For our purpose, a monad is class that wraps a value. The wrapped class also provides a context, via methods like `map()`

that operate on the wrapped value from within the wrapping class. These wrapping classes typically parameterize the type they wrap using generics. E.g.: `Optional<T>`

, `Stream<T>`

, `CompletableFutuer<T>`

. These examples all monads provided by the JDK.

Each monad provides what is termed an “effect”. What is an “effect”? That’s probably explained best by a few examples. The effect `Optional<T>`

provides is “the effect of existence”. That is, it allows you to safely operate on a value regardless of whether that value exists or not. The effect of `CompletableFuture<T>`

is asynchronous computation. At some point in the future it will provide you the value of the specified type.

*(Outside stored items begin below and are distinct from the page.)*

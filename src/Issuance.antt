-- ===== src/Issuance.antt =====
-- The creation of certificates: `create`, `upload` and what they call of
-- lemur/certificates/service.py, `is_authorized_for_domain` of lemur/domains/service.py,
-- `is_valid_owner` of lemur/common/validators.py, and the two `post` handlers of
-- lemur/certificates/views.py that create a certificate.
pub mod Post
pub mod Domains
pub mod Orders
pub mod Owners
use lemur.Prelude.{
  ℕ, String, ◌+◌, Bool, true, false, not, ◌&&◌, ◌||◌, Option, none, some, List, [], ◌∷◌, ◌++◌, ◌==◌,
  Eq, nat_eq, string_eq, if◌then◌else◌, select, any, contains, map, arith, ◌≡◌, ◌↔◌, eq_iff,
}
use lemur.Prelude.Result.{Result, ok, err}
use lemur.Prelude.Text.{concat, join, is_empty}
use lemur.Prelude.Table.{modify}
use lemur.Auth.Permissions.{
  Config, RoleRef, Account, Principal, can, strict_role_permission, authority_permission,
}
use lemur.Certificates.{Destination, Plugins, validate_no_duplicate_destinations}
use lemur.Directory.{Role, Directory}
use lemur.Directory.Roles

pub record Authority : Type 0 where
  pub id : ℕ
  pub name : String
  pub owner : String
  pub plugin_name : String
  pub roles : List String

-- A name of the extension; only those of the class `DNSName` are checked.
pub data San : Type 0 where
  dns other : String → San

-- `notify` is none where the request does not say; `names` is empty where the request has no alternative names, and the two texts where it has no
-- common name and no request for signing.
pub record Order : Type 0 where
  pub owner : String
  pub authority : Authority
  pub common_name : String
  pub names : List San
  pub csr : String
  pub roles : List (Option String)
  pub destinations : List Destination
  pub replaces : List ℕ
  pub private_key : Bool
  pub notified : Option ℕ
  pub notify : Option Bool

-- A row of the certificates, or of the pending certificates. A role may be `None`.
pub record Row : Type 0 where
  pub id : ℕ
  pub owner : String
  pub creator : ℕ
  pub authority : Option ℕ
  pub csr : String
  pub body : String
  pub roles : List (Option String)
  pub replaces : List ℕ
  pub notify : Bool

-- What the issuer's plugin returns: it raises, signs at once, or takes an order without a body.
pub data Minted : Type 0 where
  failed ordered : Minted
  signed : String → Minted

-- What the provider of authorisation says of a domain and a caller, an exception other than
-- `UnauthorizedError` being `broken`.
pub data Verdict : Type 0 where
  granted denied broken : Verdict

-- `new_csr` is what `create_csr` makes, none where it raises, `application` the caller's application where it is known,
-- `email` the user's address, and a provider is none where it is not configured.
pub record Site : Type 0 where
  pub principal : Principal
  pub config : Config
  pub plugins : Plugins
  pub str : ℕ → String
  pub does_group_exist : Option (String → Bool)
  pub is_authorized : Option (String → String → Verdict)
  pub application : Option String
  pub email : String
  pub private_plugins : List String
  pub autoresolve_disabled : Bool
  pub new_csr : Option String
  pub create_certificate : String → Minted

-- `requests` counts the calls of an issuer, `queue` has the tasks `fetch_acme_cert`.
pub record Db : Type 0 where
  pub directory : Directory
  pub certificates : List Row
  pub pending : List Row
  pub next : ℕ
  pub next_pending : ℕ
  pub requests : ℕ
  pub queue : List (ℕ × Option ℕ)
  pub logs : List (String × ℕ)

pub data Trouble : Type 0 where
  duplicate_destinations minting_failed no_private_key : Trouble

-- What is created.
pub data Created : Type 0 where
  certificate pending_certificate : Row → Created

abbrev pub row_id : Row → ℕ
row_id r = r.id

abbrev pub name_beq : Option String → Option String → Bool
name_beq none none = true
name_beq (some a) (some b) = a == b
name_beq _ _ = false

pub name_beq_iff : (a b : Option String) → (name_beq a b ≡ true) ↔ (a ≡ b)
name_beq_iff none none = ground arith
name_beq_iff (some a) (some b) = ground (arith, eq_iff a b)
name_beq_iff _ _ = ground arith

instance abbrev pub name_eq : Eq (Option String)
name_eq = record { same = name_beq; same_iff = name_beq_iff }

unfoldable pub is_valid_owner : Site → String → Bool
is_valid_owner w email = elim w.does_group_exist [ none ↦ true | some exists' ↦ exists' email ]

unfoldable pub is_authorized_for_domain : Site → String → Verdict
is_authorized_for_domain w name = elim w.is_authorized [
  | none ↦ granted
  | some decide ↦ decide name (elim w.application [ none ↦ w.email | some a ↦ a ])
]

abbrev pub and_then : Verdict → Verdict → Verdict
and_then granted later = later
and_then denied later = denied
and_then broken later = broken

-- The loop over the names; the flag is whether the common name is still to be checked.
unfoldable pub allowed_names : Site → String → (check_cn : Bool) → List San → Verdict
allowed_names w cn check_cn [] = if check_cn then is_authorized_for_domain w cn else granted
allowed_names w cn check_cn (dns v ∷ names) =
    and_then (is_authorized_for_domain w v)
      (allowed_names w cn (if v == cn then false else check_cn) names)
allowed_names w cn check_cn (other v ∷ names) = allowed_names w cn check_cn names

unfoldable pub allowed_issuance_for_domain : Site → String → List San → Verdict
allowed_issuance_for_domain w cn names = allowed_names w cn (not (is_empty cn)) names

unfoldable pub create_certificate_roles :
    (owner : String) → Option Authority → Directory → List (Option String) × Directory
create_certificate_roles owner authority d =
    let description = concat "Auto generated role based on owner: " owner in
    let (owner_role, d') = Roles.get_or_create owner description d in
    elim authority [
      | none ↦ (some owner_role.name ∷ [], d')
      | some a ↦
          let authority_owner_role : Option String = elim (Roles.get_by_name a.owner d') [
            | none ↦ none
            | some r ↦ some r.name
          ] in
          (some owner_role.name ∷ authority_owner_role ∷ [], d')
    ]

-- `list(set(roles))`, in the order of the last occurrences.
unfoldable pub set_of : List (Option String) → List (Option String)
set_of [] = []
set_of (r ∷ roles) = let rest = set_of roles in if contains r roles then rest else r ∷ rest

-- The listener `update_replacement`.
unfoldable pub mute : List ℕ → List Row → List Row
mute [] rows = rows
mute (i ∷ replaced) rows = mute replaced (modify row_id i (λ r. record r { notify = false }) rows)

-- The request for signing, none where making one raises.
unfoldable pub csr_of : Site → Order → Option String
csr_of w o = if is_empty o.csr then w.new_csr else some o.csr

-- None where it raises before the issuer is called.
unfoldable pub mint : Site → Order → Option (Minted × String)
mint w o = elim (csr_of w o) [ none ↦ none | some csr ↦ some (w.create_certificate csr, csr) ]

abbrev pub new_row :
    ℕ → (creator : ℕ) → (csr body : String) → List (Option String) → Option ℕ → Order → Row
new_row i creator csr body roles authority o = record {
  id = i;
  owner = o.owner;
  creator = creator;
  authority = authority;
  csr = csr;
  body = body;
  roles = set_of roles;
  replaces = o.replaces;
  notify = elim o.notify [ none ↦ true | some b ↦ b ];
}

-- `create` from the answer of the issuer on.
unfoldable pub create_minted :
    Site → (creator : ℕ) → Order → Minted → (csr : String) → Db → Result Trouble Created × Db
create_minted w creator o failed csr db = (err minting_failed, db)
create_minted w creator o (signed body) csr db =
    let (roles, directory) = create_certificate_roles o.owner (some o.authority) db.directory in
    let row = new_row db.next creator csr body (o.roles ++ roles) (some o.authority.id) o in
    (
      ok (certificate row),
      record db {
        directory = directory;
        certificates = mute o.replaces db.certificates ++ row ∷ [];
        next = db.next + 1;
      },
    )
create_minted w creator o ordered csr db =
    let (roles, directory) = create_certificate_roles o.owner (some o.authority) db.directory in
    let row = new_row db.next_pending creator csr "" (o.roles ++ roles) (some o.authority.id) o in
    (
      ok (pending_certificate row),
      record db {
        directory = directory;
        pending = db.pending ++ row ∷ [];
        next_pending = db.next_pending + 1;
        queue =
            if w.autoresolve_disabled
            then db.queue
            else db.queue ++ (db.next_pending, o.notified) ∷ [];
      },
    )

-- An issuer is called where `mint` came to it.
unfoldable pub create_from :
    Site → (creator : ℕ) → Order → Option (Minted × String) → Db → Result Trouble Created × Db
create_from w creator o none db = (err minting_failed, db)
create_from w creator o (some (minted, csr)) db =
    create_minted w creator o minted csr (record db { requests = db.requests + 1 })

unfoldable pub create : Site → (creator : ℕ) → Order → Db → Result Trouble Created × Db
create w creator o db =
    if validate_no_duplicate_destinations w.plugins o.destinations
    then create_from w creator o (mint w o) db
    else (err duplicate_destinations, db)

-- The roles that are new are added to those asked for.
unfoldable pub upload :
    (creator : ℕ) → Order → (authority : Option Authority) → (body : String) → Db → Row × Db
upload creator o authority body db =
    let (roles, directory) = create_certificate_roles o.owner authority db.directory in
    let all_roles = o.roles ++ select (λ r. not (contains r o.roles)) roles in
    let row =
      new_row db.next creator o.csr body all_roles
        (elim authority [ none ↦ none | some a ↦ some a.id ]) o in
    (
      row,
      record db {
        directory = directory;
        certificates = mute o.replaces db.certificates ++ row ∷ [];
        next = db.next + 1;
      },
    )
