-- ===== src/Issuance/Domains.antt =====
-- Which domains a request is checked for.
use lemur.Prelude.{
  String, Bool, true, false, not, ◌&&◌, ◌||◌, ◌≡◌, refl, List, [], ◌∷◌, ◌==◌, string_eq,
  if◌then◌else◌, contains, all, all-contains, arith,
}
use lemur.Prelude.Text.{is_empty}
use lemur.Issuance.{
  San, dns, other, Verdict, granted, denied, broken, Site, is_authorized_for_domain, and_then,
  allowed_names, allowed_issuance_for_domain,
}

-- The DNS names among the alternative names.
unfoldable pub dns_names : List San → List String
dns_names [] = []
dns_names (dns v ∷ names) = v ∷ dns_names names
dns_names (other v ∷ names) = dns_names names

-- The domains of a request: its DNS names, and its common name unless it is missing.
unfoldable pub domains : String → List San → List String
domains cn names = if is_empty cn then dns_names names else cn ∷ dns_names names

abbrev pub is_granted : Verdict → Bool
is_granted granted = true
is_granted _ = false

unfoldable pub may_issue : Site → String → Bool
may_issue w name = is_granted (is_authorized_for_domain w name)

is_granted-and_then : (a b : Verdict) → is_granted (and_then a b) ≡ (is_granted a && is_granted b)
is_granted-and_then granted b = refl
is_granted-and_then denied b = refl
is_granted-and_then broken b = refl

allowed_names_lem :
    (w : Site) (cn : String) (check_cn : Bool) (names : List San)
    → is_granted (allowed_names w cn check_cn names) ≡ (
        all (may_issue w) (dns_names names)
        && (may_issue w cn || (not check_cn || contains cn (dns_names names))))
unfolding allowed_names all dns_names may_issue contains
allowed_names_lem w cn check_cn [] = ground arith
allowed_names_lem w cn check_cn (other v ∷ names) = allowed_names_lem w cn check_cn names
allowed_names_lem w cn check_cn (dns v ∷ names) = ground (
  arith,
  is_granted-and_then (is_authorized_for_domain w v)
      (allowed_names w cn (if v == cn then false else check_cn) names),
  allowed_names_lem w cn (if v == cn then false else check_cn) names,
)

-- The test of the domains passes exactly when each domain of the request, its common name included
-- whether it is repeated among the alternative names or not, is granted by the provider.
pub allowed_issuance_is_all :
    (w : Site) (cn : String) (names : List San)
    → is_granted (allowed_issuance_for_domain w cn names) ≡ all (may_issue w) (domains cn names)
unfolding allowed_issuance_for_domain domains all
allowed_issuance_is_all w cn names = ground (
  arith,
  allowed_names_lem w cn (not (is_empty cn)) names,
  all-contains (may_issue w) cn (dns_names names),
)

There are many monads that exist in various FP libraries beyond those that the JDK provides. Each provides a different effect. It is more appropriate to say that monads are discovered rather than invented. In fact, we’ve been building towards one during the course of this series.

### The State Monad

The monad we are about to discover is called the State monad. The State monad, like others, is parameterized to a type. It’s pretty easy to intuit the usefulness of a monad like `Optional`

, but the `State`

monad is somewhat harder to grasp at first.

Like other monads, the State monad wraps a value. In this case, it’s a bit more specialized. The value it wraps is a function. The shape of that function is:

`State -> (State', Value)`

Look familiar? If not, please go back and re-read Part 2.

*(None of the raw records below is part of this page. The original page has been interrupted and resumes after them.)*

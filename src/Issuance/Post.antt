-- ===== src/Issuance/Post.antt =====
-- `post` of `CertificatesList` and of `CertificatesUpload` in lemur/certificates/views.py.
use lemur.Prelude.{
  ℕ, String, Bool, true, false, not, ◌&&◌, ◌||◌, Option, none, some, List, [], ◌∷◌, ◌++◌, ◌==◌,
  string_eq, nat_eq, if◌then◌else◌, contains,
}
use lemur.Prelude.Result.{Result, ok, err}
use lemur.Prelude.Text.{concat}
use lemur.Auth.Permissions.{RoleRef, Account, can, strict_role_permission, authority_permission}
use lemur.Directory.{Directory}
use lemur.Directory.Roles
use lemur.Issuance.{
  Authority, Order, Verdict, granted, denied, broken, Site, Db, Trouble, Created, certificate,
  pending_certificate, is_valid_owner, allowed_issuance_for_domain, create, upload,
}

-- The status, 500 for an exception that nothing catches, and what is created.
pub data Response : Type 0 where
  refused : ℕ → Response
  created : Created → Response

unfoldable pub is_admin_or_global_cert_issuer : List RoleRef → Bool
is_admin_or_global_cert_issuer [] = false
is_admin_or_global_cert_issuer (r ∷ roles) =
    (r.name == "admin" || r.name == "global_cert_issuer") || is_admin_or_global_cert_issuer roles

unfoldable pub is_private_authority : Site → Authority → Bool
is_private_authority w a = contains a.plugin_name w.private_plugins

-- `str(role)` of the row of a role, or of `None`.
unfoldable pub str_role : Directory → String → String
str_role d owner = elim (Roles.get_by_name owner d) [
  | none ↦ "None"
  | some r ↦ concat "Role(name=" (concat r.name ")")
]

-- The test of the domains, which some users and authorities are spared.
unfoldable pub check_domains : Site → Account → Order → Verdict
check_domains w user o =
    let checked = allowed_issuance_for_domain w o.common_name o.names in
    if not (is_admin_or_global_cert_issuer user.roles) && not (is_private_authority w o.authority)
    then checked
    else granted

abbrev pub log_created : Result Trouble Created × Db → Response × Db
log_created (err e, db) = (refused 500, db)
log_created (ok (certificate row), db) =
    (created (certificate row), record db { logs = db.logs ++ ("create_cert", row.id) ∷ [] })
log_created (ok (pending_certificate row), db) = (created (pending_certificate row), db)

abbrev pub post_checked : Verdict → Result Trouble Created × Db → Db → Response × Db
post_checked denied answer db = (refused 403, db)
post_checked broken answer db = (refused 500, db)
post_checked granted answer db = log_created answer

unfoldable pub may_use : Site → Account → Authority → Directory → Bool
may_use w user a d =
    can w.principal (authority_permission w.str a.id (a.roles ++ str_role d a.owner ∷ [])) user

unfoldable pub post : Site → Account → Order → Db → Response × Db
post w user o db =
    let answer = post_checked (check_domains w user o) (create w user.id o db) db in
    if not (can w.principal (strict_role_permission w.config) user)
    then (refused 403, db)
    else if not (is_valid_owner w o.owner)
    then (refused 412, db)
    else if not (may_use w user o.authority db.directory)
    then (refused 403, db)
    else answer

abbrev has_destinations : Order → Bool
has_destinations o = elim o.destinations [ [] ↦ false | _ ∷ _ ↦ true ]

-- The request is not logged.
unfoldable pub post_upload :
    Site → Account → Order → Option Authority → (body : String) → Db → Response × Db
post_upload w user o authority body db =
    let (row, db') = upload user.id o authority body db in
    if not (can w.principal (strict_role_permission w.config) user)
    then (refused 403, db)
    else if has_destinations o && not o.private_key
    then (refused 500, db)
    else (created (certificate row), db')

In Part 2, we created our own specialization of `Function`

. We created type, called `StateFn`

, whose signature matches this shape. To make this useful, we also had to develop and write our own `map()`

and `flatMap()`

methods. The State monad provides that for us. And the good news is that we don’t have to write our own State monad. There are libraries that provides this for us.

A particularly robust functional library for Java is called Lambda. Among many other things, it provides a `State`

monad.

But what does the `State`

monad actually do? What is its effect? In functional programming, functions are stateless. But many operations required to model your business domain are inherently stateful. The effect of the state monad is to provide a context for operating on stateful operations while remaining pure. It’s also really easy to use in that it frees you from having to worry about that State.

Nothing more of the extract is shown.